• **Assignment**:
Please return every line in the following data that includes the string "domain".

Stored items
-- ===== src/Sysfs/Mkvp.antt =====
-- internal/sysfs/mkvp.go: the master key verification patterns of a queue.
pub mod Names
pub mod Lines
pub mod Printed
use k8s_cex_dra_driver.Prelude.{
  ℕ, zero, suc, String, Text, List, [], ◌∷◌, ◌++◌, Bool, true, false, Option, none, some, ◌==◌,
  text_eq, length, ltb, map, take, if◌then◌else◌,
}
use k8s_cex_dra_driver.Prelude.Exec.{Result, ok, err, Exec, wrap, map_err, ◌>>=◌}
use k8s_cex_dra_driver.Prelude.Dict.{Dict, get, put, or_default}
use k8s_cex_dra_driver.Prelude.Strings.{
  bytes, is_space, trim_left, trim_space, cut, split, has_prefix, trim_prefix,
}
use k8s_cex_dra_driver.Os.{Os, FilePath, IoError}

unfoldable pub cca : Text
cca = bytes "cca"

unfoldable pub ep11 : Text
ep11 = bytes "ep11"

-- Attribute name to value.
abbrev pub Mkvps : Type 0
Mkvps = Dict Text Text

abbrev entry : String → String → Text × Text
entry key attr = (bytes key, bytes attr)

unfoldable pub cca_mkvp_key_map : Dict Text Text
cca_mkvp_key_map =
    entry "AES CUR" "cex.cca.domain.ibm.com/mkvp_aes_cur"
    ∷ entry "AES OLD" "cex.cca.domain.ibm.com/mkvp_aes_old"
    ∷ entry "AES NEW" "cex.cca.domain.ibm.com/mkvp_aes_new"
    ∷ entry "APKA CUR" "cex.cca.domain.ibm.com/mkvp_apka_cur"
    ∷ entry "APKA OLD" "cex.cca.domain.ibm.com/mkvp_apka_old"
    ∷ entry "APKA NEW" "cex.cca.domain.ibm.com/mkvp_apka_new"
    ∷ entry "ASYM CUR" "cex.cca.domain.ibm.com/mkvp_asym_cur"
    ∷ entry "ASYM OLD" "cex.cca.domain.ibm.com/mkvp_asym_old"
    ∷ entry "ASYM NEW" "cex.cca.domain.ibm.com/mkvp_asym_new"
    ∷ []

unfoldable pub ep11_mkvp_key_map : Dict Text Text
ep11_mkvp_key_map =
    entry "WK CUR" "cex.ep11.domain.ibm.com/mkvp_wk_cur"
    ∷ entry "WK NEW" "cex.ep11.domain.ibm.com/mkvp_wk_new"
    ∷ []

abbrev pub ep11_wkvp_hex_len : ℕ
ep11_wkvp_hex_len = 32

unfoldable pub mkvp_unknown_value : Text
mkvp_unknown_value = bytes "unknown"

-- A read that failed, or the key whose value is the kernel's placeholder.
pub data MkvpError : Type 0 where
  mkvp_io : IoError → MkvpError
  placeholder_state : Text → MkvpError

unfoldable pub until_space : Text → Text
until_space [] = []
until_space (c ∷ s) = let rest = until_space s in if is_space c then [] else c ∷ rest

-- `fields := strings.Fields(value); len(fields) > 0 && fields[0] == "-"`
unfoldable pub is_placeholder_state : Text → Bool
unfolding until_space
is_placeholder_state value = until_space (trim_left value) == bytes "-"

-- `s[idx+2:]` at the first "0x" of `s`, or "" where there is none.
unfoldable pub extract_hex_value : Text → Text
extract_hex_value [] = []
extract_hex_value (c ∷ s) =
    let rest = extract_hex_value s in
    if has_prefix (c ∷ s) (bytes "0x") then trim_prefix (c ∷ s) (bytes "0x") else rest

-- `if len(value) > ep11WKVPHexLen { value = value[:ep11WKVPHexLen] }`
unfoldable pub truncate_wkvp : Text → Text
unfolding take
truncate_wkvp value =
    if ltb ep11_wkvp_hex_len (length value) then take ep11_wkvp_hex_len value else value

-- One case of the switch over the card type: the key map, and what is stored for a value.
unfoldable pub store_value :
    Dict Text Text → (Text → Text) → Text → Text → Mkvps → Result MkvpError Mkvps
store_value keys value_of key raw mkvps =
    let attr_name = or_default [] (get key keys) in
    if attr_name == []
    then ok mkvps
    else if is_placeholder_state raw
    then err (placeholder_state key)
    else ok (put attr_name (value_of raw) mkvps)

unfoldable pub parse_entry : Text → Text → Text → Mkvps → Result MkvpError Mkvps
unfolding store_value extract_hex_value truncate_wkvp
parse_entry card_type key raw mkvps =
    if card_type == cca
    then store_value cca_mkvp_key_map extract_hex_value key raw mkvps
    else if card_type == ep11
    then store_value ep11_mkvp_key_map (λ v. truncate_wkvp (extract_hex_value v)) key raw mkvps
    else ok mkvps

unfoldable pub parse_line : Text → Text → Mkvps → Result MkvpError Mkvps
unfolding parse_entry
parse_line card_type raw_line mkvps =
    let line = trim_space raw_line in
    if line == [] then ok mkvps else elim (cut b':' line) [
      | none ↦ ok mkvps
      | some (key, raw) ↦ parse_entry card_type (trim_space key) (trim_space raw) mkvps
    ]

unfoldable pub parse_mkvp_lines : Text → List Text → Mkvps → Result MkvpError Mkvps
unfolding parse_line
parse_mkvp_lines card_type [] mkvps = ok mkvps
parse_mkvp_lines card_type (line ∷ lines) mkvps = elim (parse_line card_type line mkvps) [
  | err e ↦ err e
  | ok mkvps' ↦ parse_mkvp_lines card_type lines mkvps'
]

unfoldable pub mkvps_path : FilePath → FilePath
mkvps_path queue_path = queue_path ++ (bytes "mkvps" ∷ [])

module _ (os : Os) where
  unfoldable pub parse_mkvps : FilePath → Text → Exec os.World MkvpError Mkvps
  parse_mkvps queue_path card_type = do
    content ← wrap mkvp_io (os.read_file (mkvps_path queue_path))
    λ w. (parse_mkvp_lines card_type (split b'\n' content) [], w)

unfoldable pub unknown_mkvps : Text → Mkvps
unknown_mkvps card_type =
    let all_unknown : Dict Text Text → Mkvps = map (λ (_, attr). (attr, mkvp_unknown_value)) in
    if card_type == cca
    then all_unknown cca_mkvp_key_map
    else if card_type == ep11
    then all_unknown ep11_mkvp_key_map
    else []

• **Solved problem**:
    entry "AES CUR" "cex.cca.domain.ibm.com/mkvp_aes_cur"
    ∷ entry "AES OLD" "cex.cca.domain.ibm.com/mkvp_aes_old"
    ∷ entry "AES NEW" "cex.cca.domain.ibm.com/mkvp_aes_new"
    ∷ entry "APKA CUR" "cex.cca.domain.ibm.com/mkvp_apka_cur"
    ∷ entry "APKA OLD" "cex.cca.domain.ibm.com/mkvp_apka_old"
    ∷ entry "APKA NEW" "cex.cca.domain.ibm.com/mkvp_apka_new"
    ∷ entry "ASYM CUR" "cex.cca.domain.ibm.com/mkvp_asym_cur"
    ∷ entry "ASYM OLD" "cex.cca.domain.ibm.com/mkvp_asym_old"
    ∷ entry "ASYM NEW" "cex.cca.domain.ibm.com/mkvp_asym_new"
    entry "WK CUR" "cex.ep11.domain.ibm.com/mkvp_wk_cur"
    ∷ entry "WK NEW" "cex.ep11.domain.ibm.com/mkvp_wk_new"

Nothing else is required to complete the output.